Thursday the South African Reserve Bank cut its interest rate by 25 basis points from 6.5% down to 6.25%. It came as a real surprise, as most economists believed that it was going to sit still. This should, in theory, drive the value of the South African Rand lower.

the charts are telling a different story than what would be expected

The Rand attempted to fall in value, reaching the 14.50 level against the US dollar. However, the charts are telling a different story than what would be expected.

Technical analysis

USD/ZAR daily chart

The technical analysis for the USD/ZAR pair is very interesting, considering it doesn’t necessarily go along with what would first seem to be the most likely of scenarios. Granted, the US dollar has appreciated against the rand over the last couple of trading sessions, but it has seen a huge push back in favor of the South African currency.

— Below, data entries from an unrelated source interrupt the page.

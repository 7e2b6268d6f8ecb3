-- ===== src/Engine/Mps/Tests.antt =====
-- Tensors of two nodes. A spectrum with three values, of which the last is within the tolerance; numbers are sixteenths.
use ai_quantum.Common.{
  ℕ, zero, suc, ◌≤◌, ◌<◌, ◌≡◌, refl, ap, inl, inr, true, false, if◌then◌else◌, Bool-cases, List, [],
  ◌∷◌, length, get_elem?, none, some, ok, err, arith,
}
use ai_quantum.Common.Int.{ℤ, pos, negsuc, ltb_ℤ}
use ai_quantum.Common.Float.Exact.{sixteenths}
use ai_quantum.Common.Text.{Text, codes, text_eq}
use ai_quantum.Common.Dict.{get, put}
use ai_quantum.Core.Snapshot.{Node, GraphSnapshot}
use ai_quantum.Engine.Mps.Naive
use ai_quantum.Engine.Mps.Naive.{fragility_raw_from_graph, is_vector, wrong_weights}
use ai_quantum.Engine.Mps.Truncation.{
  Factors, Torch, truncated_svd, auto_rank, bad_rank, numerical_rank,
}
use ai_quantum.Engine.Mps.Truncation.Kept.{IsOrdered, IsTruncation, truncated_svd-IsTruncation}
use ai_quantum.Engine.Mps.Truncation.Smallest.{IsTorch, IsChosen, auto_rank-IsChosen}

sixteenths-IsOrdered : IsOrdered ℤ
sixteenths-IsOrdered = record { lt_le_trans = λ a b c h k. ground arith }

abbrev three : Factors ℤ
three = record {
  u = (pos 1 ∷ pos 2 ∷ pos 3 ∷ []) ∷ (pos 4 ∷ pos 5 ∷ pos 6 ∷ []) ∷ [];
  s = pos 48 ∷ pos 16 ∷ pos 1 ∷ [];
  vh = (pos 7 ∷ []) ∷ (pos 8 ∷ []) ∷ (pos 9 ∷ []) ∷ [];
}

abbrev svd : Unit {0} → Factors ℤ
svd matrix = three

two_kept :
    truncated_svd svd tt (pos 3) (pos 2)
    ≡ ok (
      true,
      record {
        u = (pos 1 ∷ pos 2 ∷ []) ∷ (pos 4 ∷ pos 5 ∷ []) ∷ [];
        s = pos 48 ∷ pos 16 ∷ [];
        vh = (pos 7 ∷ []) ∷ (pos 8 ∷ []) ∷ [];
      },
    )
unfolding truncated_svd
two_kept = refl

no_rank : truncated_svd svd tt (negsuc 1) (pos 2) ≡ err (bad_rank (negsuc 1))
unfolding truncated_svd
no_rank = refl

two_above : numerical_rank (λ (m : Unit {0}). three.s) tt (pos 2) ≡ 2
unfolding numerical_rank
two_above = refl

truncated_svd-IsTruncation_example :
    IsTruncation (pos 3) (pos 2) three (truncated_svd svd tt (pos 3) (pos 2))
truncated_svd-IsTruncation_example =
    truncated_svd-IsTruncation sixteenths-IsOrdered svd tt (pos 3) (pos 2) (refl, (refl, tt))

-- Sums as torch takes them, and the number of leading items below the value.
abbrev total : ℤ → List ℤ → ℤ
total acc [] = acc
total acc (x ∷ xs) = total (sixteenths.add acc x) xs

abbrev partial_sums : ℤ → List ℤ → List ℤ
partial_sums acc [] = []
partial_sums acc (x ∷ xs) = sixteenths.add acc x ∷ partial_sums (sixteenths.add acc x) xs

abbrev leading_below : List ℤ → ℤ → ℕ
leading_below [] v = 0
leading_below (x ∷ xs) v = let rest = leading_below xs v in if ltb_ℤ x v then suc rest else 0

abbrev torch : Torch ℤ
torch = record {
  sum = total (pos 0);
  cumsum = partial_sums (pos 0);
  searchsorted = leading_below;
  to_dtype = λ x. x;
}

length-partial_sums : (acc : ℤ) (xs : List ℤ) → length (partial_sums acc xs) ≡ length xs
length-partial_sums acc [] = refl
length-partial_sums acc (x ∷ xs) = ap suc (length-partial_sums (sixteenths.add acc x) xs)

leading_below-le : (xs : List ℤ) (v : ℤ) → leading_below xs v ≤ length xs
leading_below-le [] v = omega arith
leading_below-le (x ∷ xs) v = elim (Bool-cases (ltb_ℤ x v)) [
  | inl less ↦ rw less (omega (arith, leading_below-le xs v))
  | inr more ↦ rw more (omega arith)
]

leading_below-before :
    (xs : List ℤ) (v : ℤ) (i : ℕ) (x : ℤ)
    → i < leading_below xs v
    → get_elem? xs i ≡ some x
    → ltb_ℤ x v ≡ true
leading_below-before [] v i x h g = absurd (omega (arith, h))
leading_below-before (y ∷ xs) v zero x h g = elim (Bool-cases (ltb_ℤ y v)) [
  | inl less ↦ let same : y ≡ x = cc g in rw same at less
  | inr more ↦ absurd (omega (arith, (rw more at h)))
]
leading_below-before (y ∷ xs) v (suc i) x h g = elim (Bool-cases (ltb_ℤ y v)) [
  | inl less ↦ leading_below-before xs v i x (omega (arith, (rw less at h))) g
  | inr more ↦ absurd (omega (arith, (rw more at h)))
]

leading_below-split :
    (xs : List ℤ) (v : ℤ) (x : ℤ) → get_elem? xs (leading_below xs v) ≡ some x → ltb_ℤ x v ≡ false
leading_below-split [] v x g = cc g
leading_below-split (y ∷ xs) v x g = elim (Bool-cases (ltb_ℤ y v)) [
  | inl less ↦ leading_below-split xs v x (rw less at g)
  | inr more ↦
      let here : some y ≡ some x = rw more at g in let same : y ≡ x = cc here in rw same at more
]

torch-IsTorch : IsTorch torch
torch-IsTorch = record {
  within = λ xs v r. leading_below-le xs v;
  before = λ xs v r i x h g. leading_below-before xs v i x h g;
  at_split = λ xs v r x g. leading_below-split xs v x g;
  length-cumsum = length-partial_sums (pos 0);
}

abbrev spectrum : Unit {0} → List ℤ
spectrum matrix = pos 48 ∷ pos 16 ∷ pos 1 ∷ []

-- The first value holds nine tenths of the energy.
one_is_enough : auto_rank torch spectrum tt (pos 14) ≡ ok 1
unfolding auto_rank
one_is_enough = refl

two_are_needed : auto_rank torch spectrum tt (pos 16) ≡ ok 2
unfolding auto_rank
two_are_needed = refl

auto_rank-IsChosen_example :
    IsChosen torch (spectrum tt) (pos 14) (auto_rank torch spectrum tt (pos 14))
auto_rank-IsChosen_example =
    auto_rank-IsChosen torch torch-IsTorch spectrum tt (pos 14) (omega arith) (refl, (refl, tt))

-- Tensors by their shapes alone, whose sums are one.
abbrev shapes : Naive.Torch ℤ (List ℕ)
shapes = record {
  shape = λ t. t;
  to_float32 = λ t. t;
  ones = λ n. n ∷ [];
  matmul = λ a b. 2 ∷ [];
  any_negative = λ t. false;
  sum = λ t. pos 16;
  sqrt = λ t. t;
  as_column = λ t. t;
  as_row = λ t. t;
  mul = λ a b. a;
  svdvals = λ t. some t;
  div_by = λ t x. t;
  select_above = λ t x. t;
  log = λ t. t;
  neg = λ t. t;
  math_log = λ n. pos 16;
  of_matrix = λ n m. n ∷ n ∷ [];
  of_rows = λ rows. length rows ∷ 5 ∷ [];
}

abbrev node : Text → Node ℤ
node id = record {
  id = id;
  node_type = codes "pool";
  features = record {
    tvl_usd = pos 16;
    volume_24h_usd = pos 32;
    price_usd = pos 16;
    volatility = pos 1;
    connectivity = pos 8;
  };
}

abbrev pair : GraphSnapshot ℤ
pair = record {
  snapshot_id = codes "s";
  start = 1;
  end = 2;
  created_at = codes "now";
  nodes = node (codes "a") ∷ node (codes "b") ∷ [];
  edges =
      record { src = codes "a"; dst = codes "b"; weight = pos 16; edge_type = codes "swap" } ∷ [];
}

pair_score : fragility_raw_from_graph shapes (pos 0) (λ x. true) (λ x. x) pair none ≡ ok (pos 16)
unfolding fragility_raw_from_graph text_eq get put is_vector
pair_score = refl

four_weights :
    fragility_raw_from_graph shapes (pos 0) (λ x. true) (λ x. x) pair (some (4 ∷ []))
    ≡ err (wrong_weights (4 ∷ []))
unfolding fragility_raw_from_graph text_eq get put is_vector
four_weights = refl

In fact, near the 14.50 level, the market pulled back to form a shooting star on Monday, and Tuesday is looking very much the same. Furthermore, we also have the 200-day EMA in the area that will attract a lot of attention.

That being said, the 14.50 level is also an area that had previously been supportive, as shown by a massive descending triangle on the chart. It is also worth noting that it is the 38.2% Fibonacci retracement level that falls down to the lows.

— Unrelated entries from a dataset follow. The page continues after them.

-- ===== src/Engine/Normalize.antt =====
-- engine/tensor/normalize.py. A tensor has two dimensions and is already converted to float32; the
-- column statistics are torch's, and parameters.
pub mod Columns
mod Tests
use ai_quantum.Common.{
  ℕ, ◌==◌, Option, none, some, length, replicate, ◌&&◌, ◌||◌, Bool, true, false, if◌then◌else◌,
  List, [], ◌∷◌, map, Outcome, ok, err,
}
use ai_quantum.Common.Text.{Text, codes, text_eq}
use ai_quantum.Common.Float.{Float, is_zero}

-- `x` of shape `(N, F)`: its `F`, and its rows, which have as many items.
pub record Tensor (F : Type 0) : Type 0 where
  pub columns : ℕ
  pub rows : List (List F)

-- The `ValueError`, with the method that is unknown, and what torch raises: for two shapes that it
-- cannot broadcast, and for the least and the greatest of no rows.
pub data NormalizeError : Type 0 where
  unknown_method : Text → NormalizeError
  shape_error : ℕ → ℕ → NormalizeError
  no_rows : NormalizeError

-- The fitted parameters, a column each.
pub record NormalizationState (F : Type 0) : Type 0 where
  pub method : Text
  pub offset : List F
  pub scale : List F
  pub zero_mask : List Bool

-- `x.min(dim=0).values` and the other three; the first two raise where there is no row.
pub record Statistics (F : Type 0) : Type 0 where
  pub column_min : Tensor F → Option (List F)
  pub column_max : Tensor F → Option (List F)
  pub column_mean : Tensor F → List F
  pub column_std : Tensor F → List F

-- The width of two broadcast rows, of which one may have a single item.
unfoldable pub broadcast : ℕ → ℕ → Option ℕ
broadcast m n =
    if m == n then some m else if m == 1 then some n else if n == 1 then some m else none

-- A row of a single item is repeated to the width.
abbrev pub stretch {ℓ} : {A : Type ℓ} → ℕ → List A → List A
stretch width [] = []
stretch width (x ∷ []) = replicate width x
stretch width (x ∷ y ∷ row) = x ∷ y ∷ row

-- Two vectors of one length, item by item.
abbrev pub zip_with {ℓ κ μ} :
    {A : Type ℓ} {B : Type κ} {C : Type μ} → (A → B → C) → List A → List B → List C
zip_with g [] ys = []
zip_with g (x ∷ xs) [] = []
zip_with g (x ∷ xs) (y ∷ ys) = g x y ∷ zip_with g xs ys

module _ {F : Type 0} ⦃f : Float F⦄ where
  -- `torch.where(mask, 0, x)`.
  abbrev pub zero_where : Bool → F → F
  zero_where mask x = if mask then f.of_ℕ 0 else x

  -- One row of `apply`, broadcast to the width.
  unfoldable pub apply_row : ℕ → NormalizationState F → List F → List F
  apply_row width state row = zip_with zero_where (stretch width state.zero_mask) (
      zip_with f.div (zip_with f.sub (stretch width row) (stretch width state.offset))
        (stretch width state.scale))

  abbrev pub apply_at :
      NormalizationState F → Tensor F → Option ℕ → Outcome NormalizeError (Tensor F)
  apply_at state tensor none = err (shape_error tensor.columns (length state.offset))
  apply_at state tensor (some width) =
      ok (record { columns = width; rows = map (apply_row width state) tensor.rows })

  -- `NormalizationState.apply`.
  unfoldable pub apply : NormalizationState F → Tensor F → Outcome NormalizeError (Tensor F)
  unfolding apply_row broadcast
  apply state tensor = apply_at state tensor (broadcast tensor.columns (length state.offset))

  abbrev pub one_where : Bool → F → F
  one_where mask x = if mask then f.of_ℕ 1 else x

  abbrev pub state_of : Text → List F → List F → NormalizationState F
  state_of method offset scale = record {
    method = method;
    offset = offset;
    scale = zip_with one_where (map is_zero scale) scale;
    zero_mask = map is_zero scale;
  }

  -- The offset and the scale of `"minmax"`.
  abbrev pub spread : Option (List F) → Option (List F) → Option (List F × List F)
  spread none hi = none
  spread (some lo) none = none
  spread (some lo) (some hi) = some (lo, zip_with f.sub hi lo)

  -- The offset and the scale of a method.
  abbrev pub fitted : Statistics F → Tensor F → Text → Option (List F × List F)
  fitted stats x method =
      if text_eq method (codes "minmax")
      then spread (stats.column_min x) (stats.column_max x)
      else some (stats.column_mean x, stats.column_std x)

  abbrev pub with_state :
      NormalizationState F
      → Outcome NormalizeError (Tensor F)
      → Outcome NormalizeError (Tensor F × NormalizationState F)
  with_state state (err e) = err e
  with_state state (ok out) = ok (out, state)

  abbrev pub with_fitted :
      Tensor F
      → Text
      → Option (List F × List F)
      → Outcome NormalizeError (Tensor F × NormalizationState F)
  with_fitted x method none = err no_rows
  with_fitted x method (some (offset, scale)) =
      let state = state_of method offset scale in with_state state (apply state x)

  unfoldable pub normalize :
      Statistics F → Tensor F → Text → Outcome NormalizeError (Tensor F × NormalizationState F)
  unfolding apply
  normalize stats x method =
      if text_eq method (codes "minmax") || text_eq method (codes "zscore")
      then with_fitted x method (fitted stats x method)
      else err (unknown_method method)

The fact we have seen the market show so much resistance in this area suggests there is still plenty of downward pressure in the pair. As a general rule, if the 38.2% Fibonacci retracement level holds on a pullback, it typically shows quite some longer-term momentum.

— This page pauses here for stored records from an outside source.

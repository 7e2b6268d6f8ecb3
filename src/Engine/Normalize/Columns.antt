-- ===== src/Engine/Normalize/Columns.antt =====
-- What a normalization does to each column.
use ai_quantum.Common.{
  ℕ, ◌≤◌, ◌∙◌, Option, none, some, length, length-map, ==_refl, arith, ◌≡◌, refl, ap, ap₂, Bool,
  Bool-cases, true, false, ◌||◌, if◌then◌else◌, inl, inr, List, [], ◌∷◌, map, Outcome, ok, err,
}
use ai_quantum.Common.Text.{Text, codes, text_eq}
use ai_quantum.Common.Dict.Keys.{All}
use ai_quantum.Common.Float.{Float, is_zero}
use ai_quantum.Engine.Normalize.{
  Tensor, NormalizeError, unknown_method, shape_error, no_rows, NormalizationState, Statistics,
  zip_with, stretch, broadcast, apply_row, apply, zero_where, one_where, state_of, fitted, spread,
  with_fitted, normalize,
}

abbrev pub is_known : Text → Bool
is_known method = text_eq method (codes "minmax") || text_eq method (codes "zscore")

stretch_same : {A : Type 0} (n : ℕ) (row : List A) → length row ≡ n → stretch n row ≡ row
stretch_same n [] h = refl
stretch_same n (x ∷ []) h = let one : n ≡ 1 = omega (arith, h) in rw one refl
stretch_same n (x ∷ y ∷ row) h = refl

length-zip_with :
    {A B C : Type 0} (g : A → B → C) (n : ℕ) (xs : List A) (ys : List B)
    → length xs ≡ n
    → length ys ≡ n
    → length (zip_with g xs ys) ≡ n
length-zip_with g n [] ys h k = h
length-zip_with g n (x ∷ xs) [] h k = k
length-zip_with g n (x ∷ xs) (y ∷ ys) h k =
    let below = length-zip_with g (length xs) xs ys refl (omega (arith, h, k)) in
    omega (arith, h, below)

module _ {F : Type 0} ⦃f : Float F⦄ where
  -- A cell of a column with this offset and this scale: zero for a constant column.
  abbrev pub cell : F → F → F → F
  cell x offset scale = if is_zero scale then f.of_ℕ 0 else f.div (f.sub x offset) scale

  abbrev pub cells : List F → List F → List F → List F
  cells [] offset scale = []
  cells (x ∷ row) [] scale = []
  cells (x ∷ row) (o ∷ offset) [] = []
  cells (x ∷ row) (o ∷ offset) (s ∷ scale) = cell x o s ∷ cells row offset scale

  zip-cells :
      (offset scale row : List F)
      → zip_with zero_where (map is_zero scale) (
          zip_with f.div (zip_with f.sub row offset) (zip_with one_where (map is_zero scale) scale))
        ≡ cells row offset scale
  zip-cells offset [] [] = refl
  zip-cells [] [] (x ∷ row) = refl
  zip-cells (o ∷ offset) [] (x ∷ row) = refl
  zip-cells offset (s ∷ scale) [] = refl
  zip-cells [] (s ∷ scale) (x ∷ row) = refl
  zip-cells (o ∷ offset) (s ∷ scale) (x ∷ row) = elim (Bool-cases (is_zero s)) [
    | inl constant ↦ rw constant (ap (λ (l : List F). f.of_ℕ 0 ∷ l) (zip-cells offset scale row))
    | inr varied ↦
        rw varied (ap (λ (l : List F). f.div (f.sub x o) s ∷ l) (zip-cells offset scale row))
  ]

  -- The rows of a tensor are as long as it says.
  abbrev pub IsTensor : Tensor F → Type 0
  IsTensor t = All (λ (row : List F). length row ≡ t.columns) t.rows

  module _ (method : Text) (n : ℕ) (offset scale : List F) (o : length offset ≡ n)
      (s : length scale ≡ n) where
    apply_row-cells :
        (row : List F)
        → length row ≡ n
        → apply_row n (state_of method offset scale) row ≡ cells row offset scale
    unfolding apply_row
    apply_row-cells row h =
        let m : length (map is_zero scale) ≡ n = length-map scale is_zero ∙ s in
        rw
          (
            stretch_same n row h,
            stretch_same n offset o,
            stretch_same n (map is_zero scale) m,
            stretch_same n (zip_with one_where (map is_zero scale) scale)
                (length-zip_with one_where n (map is_zero scale) scale m s),
          )
          (zip-cells offset scale row)

    rows-cells :
        (rows : List (List F))
        → All (λ (row : List F). length row ≡ n) rows
        → map (apply_row n (state_of method offset scale)) rows
          ≡ map (λ row. cells row offset scale) rows
    rows-cells [] h = refl
    rows-cells (row ∷ rows) h =
        ap₂ (λ (r : List F) (rs : List (List F)). r ∷ rs) (apply_row-cells row h.0)
          (rows-cells rows h.1)

    apply-cells :
        (t : Tensor F)
        → t.columns ≡ n
        → IsTensor t
        → apply (state_of method offset scale) t
          ≡ ok (record { columns = n; rows = map (λ row. cells row offset scale) t.rows })
    unfolding apply broadcast
    apply-cells t c h =
        rw (c, o, ==_refl n)
          (ap (λ (rs : List (List F)). ok (record { columns = n; rows = rs }))
            (rows-cells t.rows (rw c at h)))

  -- No divisor is zero.
  abbrev pub AreDivisors : List F → Type 0
  AreDivisors = All (λ (s : F). is_zero s ≡ false)

  divisors :
      (scale : List F)
      → is_zero (f.of_ℕ 1) ≡ false
      → AreDivisors (zip_with one_where (map is_zero scale) scale)
  divisors [] one = tt
  divisors (s ∷ scale) one = elim (Bool-cases (is_zero s)) [
    | inl constant ↦ rw constant (one, divisors scale one)
    | inr varied ↦ rw varied (varied, divisors scale one)
  ]

  module _ (stats : Statistics F) where
    -- A statistic is one number for each column, and a tensor with a row has a least and a greatest.
    pub record HasColumns : Type 0 where
      pub some_min :
          (x : Tensor F)
          → 1 ≤ length x.rows
          → (lo : List F) × (stats.column_min x ≡ some lo) × (length lo ≡ x.columns)
      pub some_max :
          (x : Tensor F)
          → 1 ≤ length x.rows
          → (hi : List F) × (stats.column_max x ≡ some hi) × (length hi ≡ x.columns)
      pub mean_columns : (x : Tensor F) → length (stats.column_mean x) ≡ x.columns
      pub std_columns : (x : Tensor F) → length (stats.column_std x) ≡ x.columns

    -- The offset and the scale, by whether the method is `"minmax"`.
    abbrev pub IsFit : Bool → Tensor F → List F → List F → Type 0
    IsFit true x offset scale =
        (stats.column_min x ≡ some offset)
        × (hi : List F) × (stats.column_max x ≡ some hi)
        × (scale ≡ zip_with f.sub hi offset)
    IsFit false x offset scale = (offset ≡ stats.column_mean x) × (scale ≡ stats.column_std x)

    -- What is promised of a call with the tensor `x`, and of the state on any other, `later`.
    abbrev pub IsNormalized :
        Tensor F
        → Text
        → Tensor F
        → Outcome NormalizeError (Tensor F × NormalizationState F)
        → Type 0
    IsNormalized x method later (err (unknown_method m)) = (is_known method ≡ false) × (m ≡ method)
    IsNormalized x method later (err (shape_error m n)) = ⊥
    IsNormalized x method later (err no_rows) = ⊥
    IsNormalized x method later (ok (out, state)) =
        (offset : List F) × (scale : List F) × (is_known method ≡ true)
        × IsFit (text_eq method (codes "minmax")) x offset scale
        × (state.method ≡ method)
        × AreDivisors state.scale
        × (out ≡ record { columns = x.columns; rows = map (λ row. cells row offset scale) x.rows })
        × (apply state later
            ≡ ok (record {
              columns = x.columns;
              rows = map (λ row. cells row offset scale) later.rows;
            }))

    abbrev IsFitted : Bool → Tensor F → Option (List F × List F) → Type 0
    IsFitted minmax x none = ⊥
    IsFitted minmax x (some (offset, scale)) =
        IsFit minmax x offset scale × (length offset ≡ x.columns) × (length scale ≡ x.columns)

    spread-IsFitted :
        (minmax : Bool) (law : HasColumns) (x : Tensor F)
        → 1 ≤ length x.rows
        → IsFitted minmax x (
            if minmax
            then spread (stats.column_min x) (stats.column_max x)
            else some (stats.column_mean x, stats.column_std x))
    spread-IsFitted false law x h = ((refl, refl), law.mean_columns x, law.std_columns x)
    spread-IsFitted true law x h =
        let (lo, l, m) = law.some_min x h in
        let (hi, u, n) = law.some_max x h in
        rw (l, u) ((l, hi, u, refl), m, length-zip_with f.sub x.columns hi lo n m)

    with_fitted-IsNormalized :
        (x : Tensor F) (method : Text) (later : Tensor F) (fit : Option (List F × List F))
        → is_known method ≡ true
        → IsFitted (text_eq method (codes "minmax")) x fit
        → IsTensor x
        → IsTensor later
        → later.columns ≡ x.columns
        → is_zero (f.of_ℕ 1) ≡ false
        → IsNormalized x method later (with_fitted x method fit)
    with_fitted-IsNormalized x method later none known k t u same one = absurd k
    with_fitted-IsNormalized x method later (some (offset, scale)) known (fit, o, s) t u same one =
        rw (apply-cells method x.columns offset scale o s x refl t) (
          offset,
          scale,
          known,
          fit,
          refl,
          divisors scale one,
          refl,
          apply-cells method x.columns offset scale o s later same u,
        )

    -- For a tensor with a row, where one is not zero: an unknown method raises. Otherwise there is no
    -- exception, and each cell of the tensor is its distance from the offset, the least or the mean of
    -- its column, divided by the column's scale, the greatest less the least or the standard
    -- deviation, or zero if the scale is zero; the state that is returned has no divisor that is
    -- zero, and does the same, with the statistics of the tensor it was fitted to, to every later
    -- tensor with as many columns.
    pub normalize-IsNormalized :
        (law : HasColumns) (x : Tensor F) (method : Text) (later : Tensor F)
        → 1 ≤ length x.rows
        → IsTensor x
        → IsTensor later
        → later.columns ≡ x.columns
        → is_zero (f.of_ℕ 1) ≡ false
        → IsNormalized x method later (normalize stats x method)
    unfolding normalize
    normalize-IsNormalized law x method later h t u same one = elim (Bool-cases (is_known method)) [
      | inl known ↦ rw known (
          with_fitted-IsNormalized x method later (fitted stats x method) known
            (spread-IsFitted (text_eq method (codes "minmax")) law x h) t u same one)
      | inr unknown ↦ rw unknown (unknown, refl)
    ]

What this resistance could mean

There are a couple of things that could serve as a takeaway from the technical analysis showing so much in the way of resistance locally. The first would be that there is potential US dollar weakness, something that is starting to be seen against some major currencies. But it would be a bit of a stretch to think that’s the entirety of the reason.

Keep in mind that the South African rand tends to be a proxy for all of Africa, which is an emerging market region. This suggests that the interest rate regimen is still what currency traders are looking for.

Even with a 6.25% interest rate, South Africa is far more attractive than the United States. If traders out there are willing to take a certain amount of risk, the rand might actually be a proxy for other emerging markets such as Mexico, Latin America, Southeastern Asia, and the like. Perhaps, money is starting to look for yield again, forcing it into some of the smaller high-yielding currencies.